Yes, Colin has been great, and has been very supportive with troubleshooting ideas.



NickRummy said:


> I'm going to chime in just because we have similar setups and I'm just getting back into this and I've noticed a few things on my setup recently.... What pressure is your CO2 being injected at? .... Could it be possible there is oxygen in the top of the reactor and it's just sitting there? I added a valve into the top of my reactor (see the tube coming off it) so that when I do cleaning and refill with water I can purge any air out.
> 
> One thing I noticed yesterday was that I would randomly get the air noise in the reactor too. I can only run my CO2 at around 20psi (Red Sea regulator) right now and I'm noticing that water actually goes into the CO2 tube and then eventually the CO2 pushes back into the reactor.

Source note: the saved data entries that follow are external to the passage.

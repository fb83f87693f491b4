-- ===== src/Link/Frame/Checksum.antt =====
-- What `u8SL_CalculateCRC` computes, where it ends, and which changes it detects.
use dm_matter_zigbee_bridge.Prelude.{
  ℕ, zero, suc, ◌+◌, ◌%◌, ◌≤◌, ◌<◌, bit_xor, List, [], ◌∷◌, ◌≡◌, ◌≢◌, arith, length, length-set,
  get_elem?, set, take, take-length, drop, Run, sym, ap, get_elem?-drop, le→ltb, done, All,
  Option-cases, some, inl, inr, ◌∙◌,
}
use dm_matter_zigbee_bridge.Prelude.Bits.{bit_xor-injective, bit_xor_comm, bit_xor-byte}
use dm_matter_zigbee_bridge.Link.Frame.{crc_loop, header_crc, calculate_crc}

-- The exclusive or of a start value and all bytes.
unfoldable pub xor_all : ℕ → List ℕ → ℕ
xor_all crc [] = crc
xor_all crc (x ∷ xs) = xor_all (bit_xor crc x) xs

-- The checksum that the link protocol gives a message.
unfoldable pub checksum : ℕ → List ℕ → ℕ
checksum type payload = xor_all (header_crc type (length payload)) payload

crc_loop-xor_all :
    (k fuel : ℕ) (bytes : List ℕ) (len n crc : ℕ)
    → n + k ≡ len
    → len < 256
    → len ≤ length bytes
    → k < fuel
    → crc_loop fuel bytes len n crc ≡ done (xor_all crc (take k (drop n bytes)))
unfolding crc_loop xor_all
crc_loop-xor_all k zero bytes len n crc e lt le f = absurd (omega arith)
crc_loop-xor_all zero (suc fuel) bytes len n crc e lt le f = rw (le→ltb n len (omega arith))
crc_loop-xor_all (suc k) (suc fuel) bytes len n crc e lt le f =
    let (x, at, rest) = get_elem?-drop n bytes (omega arith) in
    let step : (n + 1) % 256 ≡ suc n = omega arith in
    ground (
      arith,
      crc_loop-xor_all k fuel bytes len (suc n) (bit_xor crc x) (omega arith) lt le (omega arith),
    )

-- u8SL_CalculateCRC returns on every length below 256 that its array has: the exclusive or of the
-- header's bytes and of as many bytes as the length says.
pub calculate_crc-xor_all :
    (type len : ℕ) (bytes : List ℕ)
    → len < 256
    → len ≤ length bytes
    → calculate_crc type len bytes ≡ done (xor_all (header_crc type len) (take len bytes))
unfolding calculate_crc
calculate_crc-xor_all type len bytes lt le =
    crc_loop-xor_all len 256 bytes len 0 (header_crc type len) (omega arith) lt le lt

-- Of a payload at the front of an array it is the checksum.
pub calculate_crc-checksum :
    (type : ℕ) (payload bytes : List ℕ)
    → take (length payload) bytes ≡ payload
    → length payload ≤ length bytes
    → length payload < 256
    → calculate_crc type (length payload) bytes ≡ done (checksum type payload)
unfolding checksum
calculate_crc-checksum type payload bytes e le lt =
    rw (calculate_crc-xor_all type (length payload) bytes lt le, e)

-- With a length from 256 on the loop of u8SL_CalculateCRC never comes to its end, however long it
-- runs and whatever the bytes are: its counter wraps before it reaches the length.
pub crc_loop_endless :
    (fuel : ℕ) (bytes : List ℕ) (len n crc c : ℕ)
    → 256 ≤ len
    → n < 256
    → crc_loop fuel bytes len n crc ≢ done c
unfolding crc_loop
crc_loop_endless zero bytes len n crc c le lt = λ e. cc
crc_loop_endless (suc fuel) bytes len n crc c le lt = elim (Option-cases (get_elem? bytes n)) [
  | inl e ↦ λ h. ground arith
  | inr (x, e) ↦
      let ih = crc_loop_endless fuel bytes len ((n + 1) % 256) (bit_xor crc x) c le (omega arith) in
      λ h. ground (arith, ih)
]

pub xor_all-byte :
    (crc : ℕ) (xs : List ℕ) → crc < 256 → All (λ x. x < 256) xs → xor_all crc xs < 256
unfolding xor_all
xor_all-byte crc [] h b = h
xor_all-byte crc (x ∷ xs) h b = xor_all-byte (bit_xor crc x) xs (bit_xor-byte crc x h b.0) b.1

xor_all-injective : (a b : ℕ) (xs : List ℕ) → xor_all a xs ≡ xor_all b xs → a ≡ b
unfolding xor_all
xor_all-injective a b [] h = h
xor_all-injective a b (x ∷ xs) h =
    bit_xor-injective a b x (xor_all-injective (bit_xor a x) (bit_xor b x) xs h)

xor_all-set :
    (crc : ℕ) (xs : List ℕ) (i v x : ℕ)
    → get_elem? xs i ≡ some x
    → xor_all crc (set xs i v) ≡ xor_all crc xs
    → v ≡ x
unfolding xor_all
xor_all-set crc [] i v x at h = cc
xor_all-set crc (y ∷ xs) zero v x at h =
    let same = xor_all-injective (bit_xor crc v) (bit_xor crc y) xs h in
    let swapped : bit_xor v crc ≡ bit_xor y crc = bit_xor_comm v crc ∙ same ∙ bit_xor_comm crc y in
    cc (bit_xor-injective v y crc swapped)
xor_all-set crc (y ∷ xs) (suc i) v x at h = xor_all-set (bit_xor crc y) xs i v x at h

checksum-set :
    (type : ℕ) (payload : List ℕ) (i v x : ℕ)
    → get_elem? payload i ≡ some x
    → checksum type (set payload i v) ≡ checksum type payload
    → v ≡ x
unfolding checksum
checksum-set type payload i v x at h =
    xor_all-set (header_crc type (length payload)) payload i v x at (rw length-set at h)

abbrev done_value : Run ℕ → ℕ
done_value (done v) = v
done_value _ = 0

done-injective : (a b : ℕ) → done a ≡ done b → a ≡ b
done-injective a b h = ap done_value h

-- u8SL_CalculateCRC detects every change of a single payload byte: for a payload of less than 256
-- bytes with the byte at i replaced it returns the same only if the new byte is the old one.
pub calculate_crc-set :
    (type : ℕ) (payload : List ℕ) (i v x : ℕ)
    → length payload < 256
    → get_elem? payload i ≡ some x
    → calculate_crc type (length payload) (set payload i v)
      ≡ calculate_crc type (length payload) payload
    → v ≡ x
calculate_crc-set type payload i v x lt at h =
    let changed = set payload i v in
    let sized = length-set payload i v in
    let short : length changed < 256 = omega arith in
    let one : calculate_crc type (length payload) changed ≡ done (checksum type changed) =
      rw sized at
        (calculate_crc-checksum type changed changed (take-length changed) (omega arith) short) in
    let two = calculate_crc-checksum type payload payload (take-length payload) (omega arith) lt in
    checksum-set type payload i v x at (done-injective _ _ (sym one ∙ h ∙ two))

I'm not running a backflow valve though so I'm sure that's half the reason. I have a GLA system coming I'm swapping to. I just added a drop checker the other day and it's still showing low CO2. I don't have many plants and I'm trying to start out slow so I'm running around 1.5bps and slowly bringing it up until I get what I want.
> 
> I also have an RKE system coming with a PH probe that I'm hoping will help with CO2 amounts.


Thanks, it will be great to compare to your setup...
- My regulator is set to 35psi, which is obviously way more than I need to push CO2 into the reactor. 
- I doubt that it is oxygen at the top of the reactor, because the gas/liquid layer only occurs as I'm adding CO2; and disappears after my CO2 shuts off. I'm not sure where the oxygen/air would be coming from. 
- I currently use a GLA regulator, and added a check valve in the CO2 line.
- An RKE pH controller would be awesome... maybe some day!



PlantedRich said:


> Another thought might be that the reactor is okay. Colin has a habit of building/selling good stuff so I would be reluctant to mod it until I really understood it totally.
> No idea on how you operate, so I don't want this to sound like pointing a finger? But tis there a chance that the way you are restating the canister needs some change. Possible that you need to tilt the reactor on restarts so that the air is not trapped in it?
> I have reactors in a number of different setups and find there is a difference in the way they need to operate. When the reactor sets on the floor next to the canister, I need to leave it loose so that I can swing the base up to drain the air out to get a good restart after filter cleaning.
> Any possibility that much of the bubbles and noise in not from CO2, but simple trapped air? Maybe an easy , low level test would be to tip the base of the reactor so that any trapped air will pass through and see how it changes things?
> I'm told by high level thinkers that this doesn't happen but then they are not at my tank when they say that~!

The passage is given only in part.